PROBLEM TO SOLVE
Which lines run from the line with "-- negative. Times" through the line with "-- hold every" in the entries below? Print them exactly, both ends included, and nothing more.

# # # # # # #

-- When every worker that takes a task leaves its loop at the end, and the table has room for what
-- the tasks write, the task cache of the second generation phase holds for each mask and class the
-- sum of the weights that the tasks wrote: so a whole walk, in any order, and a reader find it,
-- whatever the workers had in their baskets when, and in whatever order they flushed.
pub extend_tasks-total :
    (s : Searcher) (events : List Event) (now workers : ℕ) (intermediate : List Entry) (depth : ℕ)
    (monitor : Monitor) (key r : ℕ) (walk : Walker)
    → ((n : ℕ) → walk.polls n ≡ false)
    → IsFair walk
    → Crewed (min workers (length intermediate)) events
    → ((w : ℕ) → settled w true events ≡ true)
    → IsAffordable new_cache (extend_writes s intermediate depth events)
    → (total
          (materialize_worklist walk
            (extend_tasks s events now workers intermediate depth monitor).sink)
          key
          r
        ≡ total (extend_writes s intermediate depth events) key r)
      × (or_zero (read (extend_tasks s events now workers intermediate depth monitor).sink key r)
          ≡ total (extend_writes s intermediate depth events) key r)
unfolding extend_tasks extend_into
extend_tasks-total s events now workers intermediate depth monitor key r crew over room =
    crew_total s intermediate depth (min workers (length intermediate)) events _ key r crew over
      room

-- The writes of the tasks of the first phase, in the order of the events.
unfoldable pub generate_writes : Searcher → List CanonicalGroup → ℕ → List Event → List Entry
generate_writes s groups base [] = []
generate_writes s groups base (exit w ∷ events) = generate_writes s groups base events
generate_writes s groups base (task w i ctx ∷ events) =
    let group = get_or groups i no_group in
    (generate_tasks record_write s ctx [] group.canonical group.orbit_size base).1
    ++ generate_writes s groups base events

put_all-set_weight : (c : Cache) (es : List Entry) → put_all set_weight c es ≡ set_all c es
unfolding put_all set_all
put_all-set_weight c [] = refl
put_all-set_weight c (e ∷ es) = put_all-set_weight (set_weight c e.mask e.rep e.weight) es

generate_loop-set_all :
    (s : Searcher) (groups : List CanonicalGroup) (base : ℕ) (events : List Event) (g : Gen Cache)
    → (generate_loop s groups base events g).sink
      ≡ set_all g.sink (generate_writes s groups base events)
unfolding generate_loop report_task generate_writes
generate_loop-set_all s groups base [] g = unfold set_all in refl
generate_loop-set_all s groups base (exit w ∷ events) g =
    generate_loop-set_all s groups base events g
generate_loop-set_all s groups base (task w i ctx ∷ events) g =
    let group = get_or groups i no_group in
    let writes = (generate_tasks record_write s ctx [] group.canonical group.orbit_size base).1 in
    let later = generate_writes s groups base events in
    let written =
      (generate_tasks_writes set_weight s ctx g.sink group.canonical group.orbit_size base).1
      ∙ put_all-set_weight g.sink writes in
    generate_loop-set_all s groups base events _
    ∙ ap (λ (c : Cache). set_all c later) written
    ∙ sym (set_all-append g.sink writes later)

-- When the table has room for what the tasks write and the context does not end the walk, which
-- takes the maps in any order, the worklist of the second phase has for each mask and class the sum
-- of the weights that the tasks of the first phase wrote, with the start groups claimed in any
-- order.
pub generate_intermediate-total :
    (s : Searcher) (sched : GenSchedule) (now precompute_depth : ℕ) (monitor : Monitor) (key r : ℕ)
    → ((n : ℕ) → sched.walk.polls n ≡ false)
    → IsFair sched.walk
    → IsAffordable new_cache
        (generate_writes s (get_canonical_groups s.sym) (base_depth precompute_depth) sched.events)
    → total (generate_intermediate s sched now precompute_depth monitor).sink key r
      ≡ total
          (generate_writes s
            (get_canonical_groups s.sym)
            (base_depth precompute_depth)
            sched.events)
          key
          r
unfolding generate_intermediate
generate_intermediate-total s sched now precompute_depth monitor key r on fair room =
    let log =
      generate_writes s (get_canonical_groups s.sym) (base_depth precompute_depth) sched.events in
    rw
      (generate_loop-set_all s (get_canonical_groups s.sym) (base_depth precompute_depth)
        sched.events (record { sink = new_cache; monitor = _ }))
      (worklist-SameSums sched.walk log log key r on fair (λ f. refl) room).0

# # # # # # #

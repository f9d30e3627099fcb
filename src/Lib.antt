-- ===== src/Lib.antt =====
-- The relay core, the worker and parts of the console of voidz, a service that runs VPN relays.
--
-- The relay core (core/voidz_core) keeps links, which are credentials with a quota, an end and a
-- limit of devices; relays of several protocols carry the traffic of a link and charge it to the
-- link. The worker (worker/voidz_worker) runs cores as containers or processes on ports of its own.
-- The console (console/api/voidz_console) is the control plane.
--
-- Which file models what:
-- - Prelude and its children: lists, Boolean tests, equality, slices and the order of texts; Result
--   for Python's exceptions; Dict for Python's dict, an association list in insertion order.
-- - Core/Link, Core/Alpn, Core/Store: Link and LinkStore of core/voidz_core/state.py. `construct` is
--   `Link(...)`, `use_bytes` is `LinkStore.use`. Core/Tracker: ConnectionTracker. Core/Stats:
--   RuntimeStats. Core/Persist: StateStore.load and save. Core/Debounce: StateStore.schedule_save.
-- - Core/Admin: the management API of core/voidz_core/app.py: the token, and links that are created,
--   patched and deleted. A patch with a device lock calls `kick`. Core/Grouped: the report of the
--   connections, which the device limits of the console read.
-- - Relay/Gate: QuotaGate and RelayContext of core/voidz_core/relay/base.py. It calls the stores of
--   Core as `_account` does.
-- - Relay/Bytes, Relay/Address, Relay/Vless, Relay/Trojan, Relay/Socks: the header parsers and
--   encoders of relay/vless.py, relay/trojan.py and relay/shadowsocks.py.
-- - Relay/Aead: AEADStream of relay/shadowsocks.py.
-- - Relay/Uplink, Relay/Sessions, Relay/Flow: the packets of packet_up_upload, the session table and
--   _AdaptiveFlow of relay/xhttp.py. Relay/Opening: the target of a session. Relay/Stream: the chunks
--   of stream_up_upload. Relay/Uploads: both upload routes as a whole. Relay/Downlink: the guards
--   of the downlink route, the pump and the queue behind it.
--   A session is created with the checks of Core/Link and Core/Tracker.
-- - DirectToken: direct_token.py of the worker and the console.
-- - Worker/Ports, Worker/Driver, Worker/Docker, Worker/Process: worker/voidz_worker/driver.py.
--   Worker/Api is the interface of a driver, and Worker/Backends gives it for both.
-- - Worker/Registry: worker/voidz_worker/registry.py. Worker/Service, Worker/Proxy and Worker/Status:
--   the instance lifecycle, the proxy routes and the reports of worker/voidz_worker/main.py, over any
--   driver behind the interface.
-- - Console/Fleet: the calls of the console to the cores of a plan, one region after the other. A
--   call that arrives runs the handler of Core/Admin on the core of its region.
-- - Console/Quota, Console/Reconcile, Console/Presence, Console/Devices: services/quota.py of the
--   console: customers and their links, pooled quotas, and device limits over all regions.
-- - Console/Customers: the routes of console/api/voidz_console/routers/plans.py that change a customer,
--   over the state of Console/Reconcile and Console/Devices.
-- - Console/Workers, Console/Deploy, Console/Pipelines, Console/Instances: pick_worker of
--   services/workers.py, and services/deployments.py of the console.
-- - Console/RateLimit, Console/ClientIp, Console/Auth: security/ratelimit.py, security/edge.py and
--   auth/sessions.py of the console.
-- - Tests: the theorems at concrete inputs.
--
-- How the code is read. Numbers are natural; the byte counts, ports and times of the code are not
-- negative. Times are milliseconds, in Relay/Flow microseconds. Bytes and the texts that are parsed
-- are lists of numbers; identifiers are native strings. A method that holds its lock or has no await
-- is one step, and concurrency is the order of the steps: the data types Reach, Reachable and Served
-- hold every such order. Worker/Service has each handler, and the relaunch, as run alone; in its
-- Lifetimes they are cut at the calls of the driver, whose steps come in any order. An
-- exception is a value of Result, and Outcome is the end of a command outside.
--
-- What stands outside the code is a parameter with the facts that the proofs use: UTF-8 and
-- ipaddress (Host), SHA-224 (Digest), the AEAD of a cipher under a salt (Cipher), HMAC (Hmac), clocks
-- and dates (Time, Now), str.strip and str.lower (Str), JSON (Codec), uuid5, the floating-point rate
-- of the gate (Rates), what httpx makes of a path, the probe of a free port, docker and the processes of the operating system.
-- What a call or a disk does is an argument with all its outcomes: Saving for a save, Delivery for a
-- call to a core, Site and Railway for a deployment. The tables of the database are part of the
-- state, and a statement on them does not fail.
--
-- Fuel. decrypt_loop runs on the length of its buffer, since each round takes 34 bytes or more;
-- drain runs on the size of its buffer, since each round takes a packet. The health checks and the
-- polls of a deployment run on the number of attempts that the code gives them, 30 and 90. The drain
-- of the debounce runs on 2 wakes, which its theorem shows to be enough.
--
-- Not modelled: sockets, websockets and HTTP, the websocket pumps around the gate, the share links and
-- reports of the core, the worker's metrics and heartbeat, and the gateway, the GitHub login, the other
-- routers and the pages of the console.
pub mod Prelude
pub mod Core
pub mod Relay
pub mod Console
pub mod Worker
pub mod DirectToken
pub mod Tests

# # # # # # #

ANSWER SPACE
-- negative. Times are milliseconds, in Relay/Flow microseconds. Bytes and the texts that are parsed
-- are lists of numbers; identifiers are native strings. A method that holds its lock or has no await
-- is one step, and concurrency is the order of the steps: the data types Reach, Reachable and Served
-- hold every such order. Worker/Service has each handler, and the relaunch, as run alone; in its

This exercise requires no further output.